What is needed » Two lines mark the range in the entries below: the one holding "addr_beq_iff (v4 a) (v4 b) = ground arith" and the one holding "is_unspecified a = addr_beq". Set down those two and all lines between them, exactly.

Dataset records »

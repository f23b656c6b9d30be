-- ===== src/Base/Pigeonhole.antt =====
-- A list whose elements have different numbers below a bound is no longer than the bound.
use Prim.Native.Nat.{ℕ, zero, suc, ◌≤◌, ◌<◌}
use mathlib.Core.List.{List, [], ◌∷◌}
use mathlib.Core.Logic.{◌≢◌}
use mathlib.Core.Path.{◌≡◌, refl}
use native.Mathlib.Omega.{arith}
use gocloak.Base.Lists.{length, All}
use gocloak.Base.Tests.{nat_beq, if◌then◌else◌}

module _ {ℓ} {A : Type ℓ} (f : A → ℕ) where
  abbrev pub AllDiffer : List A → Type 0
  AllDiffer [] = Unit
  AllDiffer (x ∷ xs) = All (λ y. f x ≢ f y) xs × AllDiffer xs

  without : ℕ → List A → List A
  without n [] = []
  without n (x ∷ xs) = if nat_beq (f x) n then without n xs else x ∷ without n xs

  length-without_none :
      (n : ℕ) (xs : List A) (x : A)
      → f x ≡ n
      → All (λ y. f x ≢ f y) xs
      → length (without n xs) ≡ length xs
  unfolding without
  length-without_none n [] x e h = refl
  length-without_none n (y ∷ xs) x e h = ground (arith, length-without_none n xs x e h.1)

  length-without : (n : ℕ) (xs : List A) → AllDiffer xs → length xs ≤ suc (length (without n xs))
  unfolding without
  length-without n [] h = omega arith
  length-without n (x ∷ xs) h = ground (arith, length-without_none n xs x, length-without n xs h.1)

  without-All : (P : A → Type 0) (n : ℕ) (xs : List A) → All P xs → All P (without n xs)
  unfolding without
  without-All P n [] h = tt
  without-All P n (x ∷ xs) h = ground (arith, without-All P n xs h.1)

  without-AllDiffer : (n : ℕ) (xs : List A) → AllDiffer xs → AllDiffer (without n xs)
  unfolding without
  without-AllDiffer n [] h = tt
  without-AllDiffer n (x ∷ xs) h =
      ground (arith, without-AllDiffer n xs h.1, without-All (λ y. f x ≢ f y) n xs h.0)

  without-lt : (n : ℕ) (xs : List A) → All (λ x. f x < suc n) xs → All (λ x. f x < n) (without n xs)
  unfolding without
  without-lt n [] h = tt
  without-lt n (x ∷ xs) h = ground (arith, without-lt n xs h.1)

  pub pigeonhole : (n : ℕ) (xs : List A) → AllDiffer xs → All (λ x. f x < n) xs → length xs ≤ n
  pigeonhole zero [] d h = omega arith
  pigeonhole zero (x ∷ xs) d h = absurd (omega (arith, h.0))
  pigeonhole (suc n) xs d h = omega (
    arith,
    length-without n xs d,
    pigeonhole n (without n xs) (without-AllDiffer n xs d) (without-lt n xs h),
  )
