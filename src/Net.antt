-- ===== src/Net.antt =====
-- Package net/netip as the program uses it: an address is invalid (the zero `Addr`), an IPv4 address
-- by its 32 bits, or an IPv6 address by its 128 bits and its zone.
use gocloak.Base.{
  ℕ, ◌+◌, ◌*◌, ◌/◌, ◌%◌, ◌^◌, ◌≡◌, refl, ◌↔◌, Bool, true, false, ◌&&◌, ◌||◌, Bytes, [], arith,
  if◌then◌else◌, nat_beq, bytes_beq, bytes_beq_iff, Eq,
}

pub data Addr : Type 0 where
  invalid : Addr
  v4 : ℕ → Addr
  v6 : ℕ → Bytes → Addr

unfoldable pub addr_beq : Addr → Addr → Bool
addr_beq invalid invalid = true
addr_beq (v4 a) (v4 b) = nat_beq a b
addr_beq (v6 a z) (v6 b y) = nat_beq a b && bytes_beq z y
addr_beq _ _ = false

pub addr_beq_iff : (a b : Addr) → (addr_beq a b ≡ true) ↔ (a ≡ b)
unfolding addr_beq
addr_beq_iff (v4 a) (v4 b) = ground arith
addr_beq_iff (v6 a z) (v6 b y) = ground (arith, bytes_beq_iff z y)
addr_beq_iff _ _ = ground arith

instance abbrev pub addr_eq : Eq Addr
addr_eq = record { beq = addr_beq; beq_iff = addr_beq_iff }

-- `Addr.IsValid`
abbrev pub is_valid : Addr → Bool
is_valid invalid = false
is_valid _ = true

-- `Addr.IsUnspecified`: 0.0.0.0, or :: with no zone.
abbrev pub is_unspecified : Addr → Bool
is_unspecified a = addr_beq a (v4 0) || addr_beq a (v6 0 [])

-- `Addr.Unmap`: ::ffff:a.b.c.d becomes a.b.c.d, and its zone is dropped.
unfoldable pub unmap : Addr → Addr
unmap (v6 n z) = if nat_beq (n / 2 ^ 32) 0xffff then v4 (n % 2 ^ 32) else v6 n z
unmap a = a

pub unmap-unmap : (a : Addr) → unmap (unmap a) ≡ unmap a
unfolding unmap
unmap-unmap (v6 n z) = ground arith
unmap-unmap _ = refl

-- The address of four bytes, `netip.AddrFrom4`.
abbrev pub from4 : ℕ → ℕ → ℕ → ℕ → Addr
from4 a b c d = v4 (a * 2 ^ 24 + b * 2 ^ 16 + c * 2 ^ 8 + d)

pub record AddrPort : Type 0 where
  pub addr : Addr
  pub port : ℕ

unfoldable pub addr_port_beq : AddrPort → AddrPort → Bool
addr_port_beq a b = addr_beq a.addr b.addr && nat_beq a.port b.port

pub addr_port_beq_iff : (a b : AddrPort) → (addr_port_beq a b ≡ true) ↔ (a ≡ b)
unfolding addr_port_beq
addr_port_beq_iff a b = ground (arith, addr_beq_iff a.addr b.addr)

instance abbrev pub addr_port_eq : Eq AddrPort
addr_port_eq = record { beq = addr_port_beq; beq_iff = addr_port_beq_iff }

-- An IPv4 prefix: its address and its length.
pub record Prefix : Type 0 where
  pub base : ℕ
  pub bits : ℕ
--
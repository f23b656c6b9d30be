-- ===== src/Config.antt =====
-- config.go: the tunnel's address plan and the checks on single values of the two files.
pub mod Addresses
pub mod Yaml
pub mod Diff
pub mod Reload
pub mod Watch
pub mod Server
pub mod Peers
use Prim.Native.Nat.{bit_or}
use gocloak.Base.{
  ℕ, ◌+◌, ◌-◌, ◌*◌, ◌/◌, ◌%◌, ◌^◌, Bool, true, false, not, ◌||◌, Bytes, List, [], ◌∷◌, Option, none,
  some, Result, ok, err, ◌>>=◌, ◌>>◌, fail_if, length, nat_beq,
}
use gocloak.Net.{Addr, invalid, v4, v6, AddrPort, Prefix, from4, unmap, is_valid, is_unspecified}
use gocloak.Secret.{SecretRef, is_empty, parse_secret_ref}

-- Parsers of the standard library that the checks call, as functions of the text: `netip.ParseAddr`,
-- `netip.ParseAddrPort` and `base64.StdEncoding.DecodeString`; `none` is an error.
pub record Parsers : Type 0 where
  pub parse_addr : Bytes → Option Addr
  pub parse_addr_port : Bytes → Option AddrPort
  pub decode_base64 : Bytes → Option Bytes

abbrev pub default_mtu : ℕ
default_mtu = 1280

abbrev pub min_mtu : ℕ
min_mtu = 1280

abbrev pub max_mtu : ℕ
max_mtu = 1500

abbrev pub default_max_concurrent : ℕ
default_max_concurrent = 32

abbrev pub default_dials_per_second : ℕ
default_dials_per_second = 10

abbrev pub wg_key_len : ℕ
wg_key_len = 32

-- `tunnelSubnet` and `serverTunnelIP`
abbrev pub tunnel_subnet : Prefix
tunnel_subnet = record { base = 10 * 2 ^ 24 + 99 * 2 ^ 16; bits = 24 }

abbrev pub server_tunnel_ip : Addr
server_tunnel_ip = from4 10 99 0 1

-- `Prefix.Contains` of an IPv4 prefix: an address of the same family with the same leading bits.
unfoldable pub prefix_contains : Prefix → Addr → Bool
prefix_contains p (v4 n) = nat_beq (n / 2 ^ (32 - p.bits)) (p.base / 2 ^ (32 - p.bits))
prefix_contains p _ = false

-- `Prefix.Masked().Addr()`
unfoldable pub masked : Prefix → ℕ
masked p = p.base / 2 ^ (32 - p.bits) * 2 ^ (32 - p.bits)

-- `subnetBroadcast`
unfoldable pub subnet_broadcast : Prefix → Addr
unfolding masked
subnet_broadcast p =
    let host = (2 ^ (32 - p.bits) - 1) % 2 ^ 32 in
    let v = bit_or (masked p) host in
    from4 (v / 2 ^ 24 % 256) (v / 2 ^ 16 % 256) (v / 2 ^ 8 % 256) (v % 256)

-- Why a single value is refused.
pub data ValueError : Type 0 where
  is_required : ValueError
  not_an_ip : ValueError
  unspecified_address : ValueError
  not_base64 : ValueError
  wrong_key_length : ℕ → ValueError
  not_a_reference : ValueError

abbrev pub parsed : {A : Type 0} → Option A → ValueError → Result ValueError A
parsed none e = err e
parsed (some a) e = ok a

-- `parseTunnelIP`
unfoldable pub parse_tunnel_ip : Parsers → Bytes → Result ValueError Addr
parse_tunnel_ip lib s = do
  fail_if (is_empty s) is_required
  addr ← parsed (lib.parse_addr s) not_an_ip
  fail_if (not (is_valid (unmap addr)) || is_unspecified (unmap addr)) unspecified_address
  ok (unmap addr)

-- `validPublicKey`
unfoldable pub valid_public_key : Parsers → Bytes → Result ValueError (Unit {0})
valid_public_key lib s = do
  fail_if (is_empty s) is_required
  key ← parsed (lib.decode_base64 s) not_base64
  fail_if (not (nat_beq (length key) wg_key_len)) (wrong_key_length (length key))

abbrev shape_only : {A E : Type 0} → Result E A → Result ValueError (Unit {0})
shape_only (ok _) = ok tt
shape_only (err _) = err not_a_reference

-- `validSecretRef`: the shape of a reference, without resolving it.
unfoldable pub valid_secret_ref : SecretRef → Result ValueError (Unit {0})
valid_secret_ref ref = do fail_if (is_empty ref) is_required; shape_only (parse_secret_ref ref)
==
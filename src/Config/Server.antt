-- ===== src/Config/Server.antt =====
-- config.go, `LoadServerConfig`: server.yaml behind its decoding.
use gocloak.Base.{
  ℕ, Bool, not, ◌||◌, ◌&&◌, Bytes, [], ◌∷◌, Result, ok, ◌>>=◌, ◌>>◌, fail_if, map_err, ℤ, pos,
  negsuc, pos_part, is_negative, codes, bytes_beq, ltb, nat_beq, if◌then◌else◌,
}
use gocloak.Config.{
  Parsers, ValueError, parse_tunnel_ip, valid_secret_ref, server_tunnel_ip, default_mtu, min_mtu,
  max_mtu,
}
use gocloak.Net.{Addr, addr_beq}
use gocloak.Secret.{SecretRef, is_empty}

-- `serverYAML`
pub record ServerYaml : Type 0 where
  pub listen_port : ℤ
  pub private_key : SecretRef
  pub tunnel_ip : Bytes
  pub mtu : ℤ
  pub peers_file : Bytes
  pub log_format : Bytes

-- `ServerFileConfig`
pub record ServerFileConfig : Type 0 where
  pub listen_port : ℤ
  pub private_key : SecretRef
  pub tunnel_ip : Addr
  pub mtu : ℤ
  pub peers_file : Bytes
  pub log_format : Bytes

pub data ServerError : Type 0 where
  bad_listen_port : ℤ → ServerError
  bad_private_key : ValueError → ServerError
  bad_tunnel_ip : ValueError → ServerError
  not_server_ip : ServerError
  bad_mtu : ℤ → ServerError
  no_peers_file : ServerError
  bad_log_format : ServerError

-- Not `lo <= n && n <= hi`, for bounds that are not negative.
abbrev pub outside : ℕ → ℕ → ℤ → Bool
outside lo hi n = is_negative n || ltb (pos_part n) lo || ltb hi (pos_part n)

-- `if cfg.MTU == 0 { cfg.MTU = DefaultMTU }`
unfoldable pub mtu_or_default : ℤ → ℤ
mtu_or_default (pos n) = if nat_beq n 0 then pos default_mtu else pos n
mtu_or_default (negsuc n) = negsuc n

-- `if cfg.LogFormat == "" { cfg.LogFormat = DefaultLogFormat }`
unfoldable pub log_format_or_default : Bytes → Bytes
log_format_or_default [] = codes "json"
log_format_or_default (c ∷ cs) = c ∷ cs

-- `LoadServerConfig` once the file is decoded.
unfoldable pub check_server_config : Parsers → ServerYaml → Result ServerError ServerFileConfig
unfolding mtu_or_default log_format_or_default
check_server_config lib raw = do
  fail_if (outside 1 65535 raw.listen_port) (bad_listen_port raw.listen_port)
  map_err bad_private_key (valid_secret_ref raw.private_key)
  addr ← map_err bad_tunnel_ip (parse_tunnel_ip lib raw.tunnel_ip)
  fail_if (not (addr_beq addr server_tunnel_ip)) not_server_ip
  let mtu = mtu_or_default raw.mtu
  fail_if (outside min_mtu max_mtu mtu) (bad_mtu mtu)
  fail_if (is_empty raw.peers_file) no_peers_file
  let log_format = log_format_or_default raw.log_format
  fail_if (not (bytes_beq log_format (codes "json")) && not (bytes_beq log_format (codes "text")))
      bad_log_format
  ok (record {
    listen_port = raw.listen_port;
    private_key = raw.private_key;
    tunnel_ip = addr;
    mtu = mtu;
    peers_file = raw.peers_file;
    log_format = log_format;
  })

Task solution »
addr_beq_iff (v4 a) (v4 b) = ground arith
addr_beq_iff (v6 a z) (v6 b y) = ground (arith, bytes_beq_iff z y)
addr_beq_iff _ _ = ground arith

instance abbrev pub addr_eq : Eq Addr
addr_eq = record { beq = addr_beq; beq_iff = addr_beq_iff }

-- `Addr.IsValid`
abbrev pub is_valid : Addr → Bool
is_valid invalid = false
is_valid _ = true

-- `Addr.IsUnspecified`: 0.0.0.0, or :: with no zone.
abbrev pub is_unspecified : Addr → Bool
is_unspecified a = addr_beq a (v4 0) || addr_beq a (v6 0 [])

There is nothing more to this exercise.